Enron Apparently Still Exists, And Its Trying To Poison North Texans
- Everyone’s favorite disgraced energy giant, Enron Oil and Gas (EOG) is up to its neck in complaints from residents living near a proposed sand mine in Cooke County, along the Oklahoma border. Residents expressed concerns about respiratory diseases and cancer to a TCEQ hearing on the subject in Gainesville. “The real problems begin when they start operating. We’re gonna have air pollution, that’s our major concern, we’re gonna have water problems, that’s another major concern, we’re gonna have truck traffic, emissions from those trucks,” said a concerned citizen, Ozlem Altiok. A TCEQ contested case hearing will begin on Thursday to determine who will be affected by the mine, and whether construction can continue.
Remember To Visit The Beach While It’s Still There
- Climate Central released this nifty map which allows you to see exactly where flooding will occur as sea levels begin to rise due to global climate change. The map coincides with a recent Organization for Economic Cooperation and Development report which predicts that by 2070 sea level changes will effect 120 million people and cost around $35 trillion in damages. Galveston, for instance, sees little flooding from a moderate 2 foot flood surge, but is nearly wiped off the map in the event of a 6 foot surge.
Tar Sands Spill The Result Of Sloppy Management And Regulation
- Federal investigators reported on Tuesday that the 2010 spill of 843,000 gallons of toxic tar sands diluted bitumen oil into the Kalamazoo River in Michigan was the result preventable safety measures. The report faults both Enbridge, the Canadian operator of the pipeline, and the Pipeline and Hazardous Materials Safety Administration, the federal agency tasked with regulating pipeline operators.
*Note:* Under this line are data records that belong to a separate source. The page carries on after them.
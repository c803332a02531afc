-- ===== src/OpenApi/Templates.antt =====
-- The templates of a whole OpenAPI path.
use grpc_composition.Common.{
  ◌≡◌, refl, ap, ◌≢◌, ◌↔◌, inl, inr, true, false, List, [], ◌∷◌, ◌++◌, Option, none, some, arith,
  Text, codes, ◌==◌, text_eq, Option-cases, Bool-cases, gather,
}
use grpc_composition.Common.{All, Any}
use mathlib.Core.Option.{some-injective}
use mathlib.Core.Path.{subst}
use grpc_composition.Std.Strings.{split, join, strip_suffix, strip_suffix_iff}
use grpc_composition.Patterns.{pattern_path_params, has_name}
use grpc_composition.Patterns.Params.{in_braces, DeclaresParam, pattern_path_params_iff, Any_iff}
use grpc_composition.OpenApi.{normalize_segment, normalize_path}
use grpc_composition.OpenApi.Paths.{
  Lacks, normalize_from_lem, split-Lacks, split-join, All-append, All-append_left,
}
use grpc_composition.OpenApi.Params.{
  normalize_segment_iff, normalize_segment_dots, normalize_segment_plain,
}

none≢some {ℓ} : {A : Type ℓ} {a : A} → none ≢ some a
none≢some h = cc

-- What is kept of a segment has no slash either.
Lacks-normalize_segment :
    (seg out : Text) → Lacks b'/' seg → normalize_segment seg ≡ some out → Lacks b'/' out
unfolding normalize_segment text_eq
Lacks-normalize_segment seg out lacks h = elim (Option-cases (strip_suffix seg (codes "...}"))) [
  | inl bare ↦ elim (Bool-cases (text_eq seg (codes "{$}"))) [
    | inl exact ↦ let bad = rw (normalize_segment_plain seg bare, exact) at h in cc
    | inr other ↦
        subst (Lacks b'/')
          (some-injective seg out (rw (normalize_segment_plain seg bare, other) at h)) lacks
  ]
  | inr (q, e) ↦ suffixed q ((strip_suffix_iff seg (codes "...}") q).0 e)
]
  where
    suffixed : (q : Text) → seg ≡ q ++ codes "...}" → Lacks b'/' out
    suffixed [] e =
        subst (Lacks b'/') (some-injective (codes "...}") out (rw e at h))
          (refl, (refl, (refl, (refl, tt))))
    suffixed (c ∷ m) e =
        let parts : Lacks b'/' (c ∷ m) =
          All-append_left (λ d. (d == b'/') ≡ false) (c ∷ m) (codes "...}") (rw e at lacks) in
        elim (Bool-cases (c == b'{')) [
          | inl brace ↦
              subst (Lacks b'/')
                (some-injective (in_braces m) out (rw (e, normalize_segment_dots c m, brace) at h))
                (refl, All-append (λ d. (d == b'/') ≡ false) m (b'}' ∷ []) parts.1 (refl, tt))
          | inr plain ↦
              subst (Lacks b'/')
                (some-injective seg out
                  (rw (← e) at (rw (e, normalize_segment_dots c m, plain) at h)))
                lacks
        ]

Lacks-gather :
    (segs : List Text) → All (Lacks b'/') segs → All (Lacks b'/') (gather normalize_segment segs)
Lacks-gather [] h = tt
Lacks-gather (seg ∷ segs) h = elim (Option-cases (normalize_segment seg)) [
  | inl e ↦ rw e (Lacks-gather segs h.1)
  | inr (out, e) ↦ rw e (Lacks-normalize_segment seg out h.0 e, Lacks-gather segs h.1)
]

Any-gather :
    {A B : Type 0} (f : A → Option B) (b : B) (xs : List A)
    → Any (λ y. y ≡ b) (gather f xs) ↔ Any (λ x. f x ≡ some b) xs
Any-gather f b [] = (λ h. h, λ h. h)
Any-gather f b (x ∷ xs) = elim (Option-cases (f x)) [
  | inl e ↦ rw e (
    λ h. inr ((Any-gather f b xs).0 h),
    elim [ inl n ↦ absurd (none≢some n) | inr a ↦ (Any-gather f b xs).1 a ],
  )
  | inr (y, e) ↦ rw e (
    elim [ inl s ↦ inl (ap some s) | inr a ↦ inr ((Any-gather f b xs).0 a) ],
    elim [ inl s ↦ inl (some-injective _ _ s) | inr a ↦ inr ((Any-gather f b xs).1 a) ],
  )
]

-- The segments of the joined path are those that were joined, but for the empty list.
Any-split-join :
    (name : Text) (segs : List Text)
    → All (Lacks b'/') segs
    → Any (λ s. s ≡ in_braces name) (split (join segs b'/') b'/')
      ↔ Any (λ s. s ≡ in_braces name) segs
unfolding join split
Any-split-join name [] h = (elim [ inl e ↦ absurd (ground arith) | inr b ↦ b ], λ b. absurd b)
Any-split-join name (p ∷ ps) h = rw (split-join p ps b'/' h) (λ a. a, λ a. a)

-- A segment `{name}` stands in the OpenAPI path of a pattern exactly if `patternPathParams` finds
-- the parameter `name` in the pattern, for every name but "" and "$".
pub normalize_path-params :
    (pattern_text name : Text)
    → name ≢ []
    → name ≢ codes "$"
    → Any (λ seg. seg ≡ in_braces name) (split (normalize_path pattern_text) b'/')
      ↔ (has_name (pattern_path_params pattern_text) name ≡ true)
unfolding normalize_path
normalize_path-params pattern_text name nonempty no_dollar =
    let segs = split pattern_text b'/' in
    let kept =
      Any-split-join name (gather normalize_segment segs)
        (Lacks-gather segs (split-Lacks pattern_text b'/')) in
    let found = Any-gather normalize_segment (in_braces name) segs in
    let same =
      Any_iff (λ seg. normalize_segment seg ≡ some (in_braces name)) (DeclaresParam name)
        (normalize_segment_iff name nonempty no_dollar) segs in
    let declared = pattern_path_params_iff pattern_text name in
    rw (normalize_path, normalize_from_lem)
      (λ a. declared.1 (same.0 (found.0 (kept.0 a))), λ h. kept.1 (found.1 (same.1 (declared.0 h))))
Enbridge (which is currently building a tar sands pipeline to the Texas coast from Oklahoma) was blamed for not incorporating readily available knowledge in its safety evaluations, and the PHMSA was blamed for “weak and ambiguous regulations.”
Though Texas has more than enough pollution to go around, we’ve got nothing on Guandong province, China.
- China Daily Newspaper reported that about 9.5 billion tons of raw sewage (or about 3/4s of the province of 104 million people’s annual waste) is discharged, untreated into the Pearl River which supplies Hong Kong. That news of this sort is even reported is a sign that China’s government is beginning to get serious about the rampant air and water pollution that has followed China’s remarkable economic growth since 1976.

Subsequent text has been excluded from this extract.